[Extracted records]
■ ■ ■ ■ ■ ■ ■

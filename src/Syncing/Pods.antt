-- ===== src/Syncing/Pods.antt =====
-- The pods: the replica's is gone before the migrator's is created, and how the migrator ends.
use mathlib.Core.List.{Memᴰ}
use mathlib.Core.Path.{subst₂}
use migcontroller.Prelude.{
  ℕ, zero, suc, ◌*◌, String, ◌≡◌, refl, ap, subst, ◌++◌, [], inl, inr, true, ◌∷◌, ltb,
  if◌then◌else◌,
}
use migcontroller.Prelude.Int32.{Int32, show}
use migcontroller.Objects.{
  GoError, Except, ok, err, is_not_found, Pod, PodPhase, running, pod_pending, succeeded,
  pod_failed, phase_unknown, new_error, wrap,
}
use migcontroller.VolumeResize.{VolumeResize}
use migcontroller.Call.{Lib, pod_get}
use migcontroller.Prog.{Prog, Log, ret, stop, attempt}
use migcontroller.Prog.Safe.{
  Spec, Safe, Extends, Extends-trans, later, Safe-mono-from, same, Has-Extends, Safe-bind, Safe-if,
  Safe-attempt, Safe-try, OnOk,
}
use migcontroller.Pvc.{second}
use migcontroller.Sts.{delete_pod, poll_pod_termination, wait_for_pod_termination, rounds}
use migcontroller.Migrator.{
  build_migrator_pod, create_new_migrator_pod, create_migrator_pod, poll_migration,
  wait_for_migration_complete, cleanup_migrator_pod,
}
use migcontroller.Names.{get_pod_name, get_original_pvc_name, get_temp_pvc_name}
use migcontroller.Controller.Results.{Outcome, requeue_after, fail}
use migcontroller.Controller.Syncing.{after_wait_error, migrate}
use migcontroller.Syncing.Guard.{Has, Target, IsMigrator, IsOf, sync_spec, WasSeen, IsOver}
use migcontroller.Syncing.Claims.{fail-Safe}
use migcontroller.Syncing.Swap.{tolerated, IsOver-Extends}

-- a read of the pod found none
abbrev IsGone : String → String → Log → Type 0
IsGone namespace name l =
    (e : GoError) × Has l (pod_get namespace name) (err e) × (is_not_found e ≡ true)

-- a read of the pod found it succeeded
abbrev HasSucceeded : String → String → Log → Type 0
HasSucceeded namespace name l =
    (pod : Pod) × Has l (pod_get namespace name) (ok pod) × (pod.phase ≡ succeeded)

WasSeen-Extends :
    (t : Target) (name : String) {l m : Log} → WasSeen t name l → Extends l m → WasSeen t name m
WasSeen-Extends t name (pod, e, inl (c, h, is)) x = (pod, e, inl (c, Has-Extends h x, is))
WasSeen-Extends t name (pod, e, inr h) x = (pod, e, inr (Has-Extends h x))

module _ (lib : Lib) (t : Target) where
  attempt-tolerated :
      (l : Log) (message : String) (e : GoError)
      → Safe
          (sync_spec lib t)
          l
          (attempt (if is_not_found e then ret tt else stop (wrap message e)))
          (λ l' (_ : Except (Unit {0})). Unit {0})
  attempt-tolerated l message e =
      Safe-attempt (sync_spec lib t) l (if is_not_found e then ret tt else stop (wrap message e))
        (λ _ _. Unit {0}) (tolerated lib t l message e)

  delete_pod-Safe :
      (l : Log) (namespace sts_name : String) (replica : Int32)
      → Safe (sync_spec lib t) l (delete_pod namespace sts_name replica) (λ _ _. Unit {0})
  unfolding delete_pod
  delete_pod-Safe l namespace sts_name replica =
      (tt, elim [ ok u ↦ λ _. tt | err e ↦ λ _. attempt-tolerated _ _ e ])

  cleanup_migrator_pod-Safe :
      (l : Log) (pod_name namespace : String)
      → Safe (sync_spec lib t) l (cleanup_migrator_pod pod_name namespace) (λ _ _. Unit {0})
  unfolding cleanup_migrator_pod
  cleanup_migrator_pod-Safe l pod_name namespace =
      (tt, elim [ ok u ↦ λ _. tt | err e ↦ λ _. attempt-tolerated _ _ e ])

  poll_pod_termination-Safe :
      (fuel deadline : ℕ) (l : Log) (namespace name : String)
      → Safe
          (sync_spec lib t)
          l
          (poll_pod_termination fuel deadline namespace name)
          (λ l' r. OnOk r (λ _. IsGone namespace name l'))
  unfolding poll_pod_termination
  poll_pod_termination-Safe zero deadline l namespace name = tt
  poll_pod_termination-Safe (suc fuel) deadline l namespace name = (
    tt,
    λ time _.
        Safe-if (sync_spec lib t) _ (ltb time deadline) _ _ _
          (λ _. (
            tt,
            elim [
              | ok pod ↦ λ _. (tt, λ _ _. poll_pod_termination-Safe fuel deadline _ namespace name)
              | err e ↦ λ _.
                  Safe-if (sync_spec lib t) _ (is_not_found e) _ _ _
                    (λ gone. (e, Memᴰ.head refl, gone)) (λ _. tt)
            ],
          ))
          (λ _. tt),
  )

  wait_for_pod_termination-Safe :
      (l : Log) (namespace name : String) (timeout : ℕ)
      → Safe
          (sync_spec lib t)
          l
          (wait_for_pod_termination namespace name timeout)
          (λ l' r. OnOk r (λ _. IsGone namespace name l'))
  unfolding wait_for_pod_termination
  wait_for_pod_termination-Safe l namespace name timeout =
      (tt, λ start _. poll_pod_termination-Safe (rounds timeout second) _ _ namespace name)

  create_migrator_pod-Safe :
      (l : Log) (vr : VolumeResize)
      → IsOf t vr
      → IsGone t.namespace (get_pod_name t.sts_name t.replica) l
      → Safe
          (sync_spec lib t)
          l
          (create_migrator_pod vr t.vol t.replica
            (get_original_pvc_name t.vol.name vr.spec.stateful_set_name t.replica)
            (get_temp_pvc_name t.vol.name vr.spec.stateful_set_name t.replica))
          (λ l' r. OnOk r (λ pod. WasSeen t pod.meta.name l'))
  unfolding create_migrator_pod create_new_migrator_pod build_migrator_pod
  create_migrator_pod-Safe l vr of (gone, read, is) = (
    tt,
    elim [
      | ok pod ↦ λ _. (
        pod,
        refl,
        inr (
            subst₂
              (λ n k.
                Has
                  ((
                    pod_get vr.meta.namespace
                        (vr.meta.name ++ ("-migrator-" ++ (show t.replica ++ ("-" ++ t.vol.name)))),
                    ok pod,
                  )
                    ∷ l)
                  (pod_get n (k ++ ("-migrator-" ++ (show t.replica ++ ("-" ++ t.vol.name)))))
                  (ok pod))
              of.namespace of.name (Memᴰ.head refl)),
      )
      | err e ↦ λ _.
          Safe-if (sync_spec lib t) _ (is_not_found e) _ _ _
            (λ _. (
              (gone, Memᴰ.tail read, is),
              elim [
                | ok pod ↦ λ _. (pod, refl, inl (_, Memᴰ.head refl, migrator))
                | err e' ↦ λ _. tt
              ],
            ))
            (λ _. tt)
    ],
  )
    where
      pod_made : Pod
      pod_made =
          build_migrator_pod vr t.vol t.replica
            (get_original_pvc_name t.vol.name vr.spec.stateful_set_name t.replica)
            (get_temp_pvc_name t.vol.name vr.spec.stateful_set_name t.replica)

      migrator : IsMigrator t pod_made
      migrator = record {
        namespace = of.namespace;
        name = ap (λ n. n ++ ("-migrator-" ++ (show t.replica ++ ("-" ++ t.vol.name)))) of.name;
        env = refl;
        mounts = refl;
        volumes =
            ap
              (λ n.
                ("source", get_original_pvc_name t.vol.name n t.replica)
                ∷ ("dest", get_temp_pvc_name t.vol.name n t.replica)
                ∷ [])
              of.sts_name;
      }

  polled :
      (l : Log) (namespace name : String) (pod : Pod) (phase : PodPhase)
      (again : Prog Outcome (Except (Unit {0})))
      → pod.phase ≡ phase
      → Has l (pod_get namespace name) (ok pod)
      → Safe (sync_spec lib t) l again (λ l' r. OnOk r (λ _. HasSucceeded namespace name l'))
      → Safe
          (sync_spec lib t)
          l
          (elim phase [
            | succeeded ↦ ret (ok tt)
            | pod_failed ↦ ret (err (new_error "migration pod failed"))
            | _ ↦ again
          ])
          (λ l' r. OnOk r (λ _. HasSucceeded namespace name l'))
  polled l namespace name pod succeeded again e read k = (pod, read, e)
  polled l namespace name pod pod_failed again e read k = tt
  polled l namespace name pod running again e read k = k
  polled l namespace name pod pod_pending again e read k = k
  polled l namespace name pod phase_unknown again e read k = k

  poll_migration-Safe :
      (fuel deadline : ℕ) (l : Log) (name namespace : String)
      → Safe
          (sync_spec lib t)
          l
          (poll_migration fuel deadline name namespace)
          (λ l' r. OnOk r (λ _. HasSucceeded namespace name l'))
  unfolding poll_migration
  poll_migration-Safe zero deadline l name namespace = tt
  poll_migration-Safe (suc fuel) deadline l name namespace = (
    tt,
    λ time _.
        Safe-if (sync_spec lib t) _ (ltb time deadline) _ _ _
          (λ _. (
            tt,
            elim [
              | ok pod ↦ λ _.
                  polled _ namespace name pod pod.phase _ refl (Memᴰ.head refl)
                    (tt, λ _ _. poll_migration-Safe fuel deadline _ name namespace)
              | err e ↦ λ _. tt
            ],
          ))
          (λ _. tt),
  )

  wait_for_migration_complete-Safe :
      (l : Log) (name namespace : String) (timeout : ℕ)
      → Safe
          (sync_spec lib t)
          l
          (wait_for_migration_complete name namespace timeout)
          (λ l' r. OnOk r (λ _. HasSucceeded namespace name l'))
  unfolding wait_for_migration_complete
  wait_for_migration_complete-Safe l name namespace timeout =
      (tt, λ start _. poll_migration-Safe (rounds timeout (2 * second)) _ _ name namespace)

  wait_for_migration_complete-Over :
      (l : Log) (name namespace : String) (timeout : ℕ)
      → WasSeen t name l
      → Safe
          (sync_spec lib t)
          l
          (wait_for_migration_complete name namespace timeout)
          (λ l' r. OnOk r (λ _. IsOver t namespace l'))
  wait_for_migration_complete-Over l name namespace timeout seen =
      Safe-mono-from (sync_spec lib t) l l (wait_for_migration_complete name namespace timeout) _ _
        same (wait_for_migration_complete-Safe l name namespace timeout)
        (λ l'. elim [ ok u ↦ λ x h. (name, l, seen, inl (h.0, x, h.1, h.2)) | err e ↦ λ x h. tt ])

  looked_at :
      (l m : Log) (vr : VolumeResize) (name : String) (pod : Pod) (phase : PodPhase)
      → pod.phase ≡ phase
      → WasSeen t name m
      → Extends ((pod_get vr.meta.namespace name, ok pod) ∷ m) l
      → Safe
          (sync_spec lib t)
          l
          (elim phase [
            | running ↦ stop (requeue_after (10 * second))
            | pod_pending ↦ stop (requeue_after (10 * second))
            | pod_failed ↦ fail vr "migration pod failed"
            | _ ↦ ret tt
          ])
          (λ l' _. IsOver t vr.meta.namespace l')
  looked_at l m vr name pod running e seen x = tt
  looked_at l m vr name pod pod_pending e seen x = tt
  looked_at l m vr name pod pod_failed e seen x = fail-Safe lib t l vr _ _
  looked_at l m vr name pod succeeded e seen x =
      (name, m, seen, inl (pod, Extends-trans (later same) x, Has-Extends (Memᴰ.head refl) x, e))
  looked_at l m vr name pod phase_unknown e seen x = (name, m, seen, inr (inr (pod, x, e)))

  after_wait_error-Safe :
      (l : Log) (vr : VolumeResize) (name : String)
      → WasSeen t name l
      → Safe (sync_spec lib t) l (after_wait_error vr name) (λ l' _. IsOver t vr.meta.namespace l')
  unfolding after_wait_error
  after_wait_error-Safe l vr name seen = (
    tt,
    elim [
      | err e ↦ λ _. (name, l, seen, inr (inl (e, same)))
      | ok pod ↦ λ _. looked_at _ l vr name pod pod.phase refl seen same
    ],
  )

  -- behind the migration the migrator pod is over
  pub migrate-Safe :
      (l : Log) (vr : VolumeResize)
      → IsOf t vr
      → Safe
          (sync_spec lib t)
          l
          (migrate vr t.vol t.vol.name t.replica)
          (λ l' _. IsOver t t.namespace l')
  unfolding migrate
  migrate-Safe l vr of =
      Safe-bind s l (delete_pod _ _ _) _ (λ _ _. Unit {0}) _ (delete_pod-Safe l _ _ _)
        (λ l₁ _ x₁ _.
          Safe-try s l₁ (wait_for_pod_termination _ pod_name _) _ _
            (λ l' _. IsGone vr.meta.namespace pod_name l') _
            (wait_for_pod_termination-Safe l₁ vr.meta.namespace pod_name _) (λ _ _ _. tt)
            (λ l₂ _ x₂ gone.
              Safe-try s l₂ (create_migrator_pod vr t.vol t.replica _ _) _ _
                (λ l' pod. WasSeen t pod.meta.name l') _
                (create_migrator_pod-Safe l₂ vr of (at_target l₂ gone))
                (λ l' e _. fail-Safe lib t l' vr _ _)
                (λ l₃ pod x₃ seen.
                  Safe-try s l₃ (wait_for_migration_complete pod.meta.name _ _) _ _
                    (λ l' _. IsOver t vr.meta.namespace l') _
                    (wait_for_migration_complete-Over l₃ pod.meta.name vr.meta.namespace _ seen)
                    (λ l' e x.
                      after_wait_error-Safe l' vr pod.meta.name
                        (WasSeen-Extends t pod.meta.name seen x))
                    (λ l₄ _ x₄ over.
                      Safe-bind s l₄ (cleanup_migrator_pod _ _) _ (λ _ _. Unit {0}) _
                        (cleanup_migrator_pod-Safe l₄ _ _)
                        (λ l₅ _ x₅ _.
                          subst (λ n. IsOver t n l₅) of.namespace
                            (IsOver-Extends t vr.meta.namespace over x₅))))))
    where
      s : Spec Outcome
      s = sync_spec lib t

      pod_name : String
      pod_name = get_pod_name vr.spec.stateful_set_name t.replica

      at_target :
          (m : Log)
          → IsGone vr.meta.namespace pod_name m
          → IsGone t.namespace (get_pod_name t.sts_name t.replica) m
      at_target m gone =
          subst₂ (λ n k. IsGone n (get_pod_name k t.replica) m) of.namespace of.sts_name gone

■ ■ ■ ■ ■ ■ ■

• **WHAT THE EXERCISE ASKS**:
Search the data for the word "wrap" and report how many lines include it, with the number alone.

• **WRITTEN ANSWER**:
3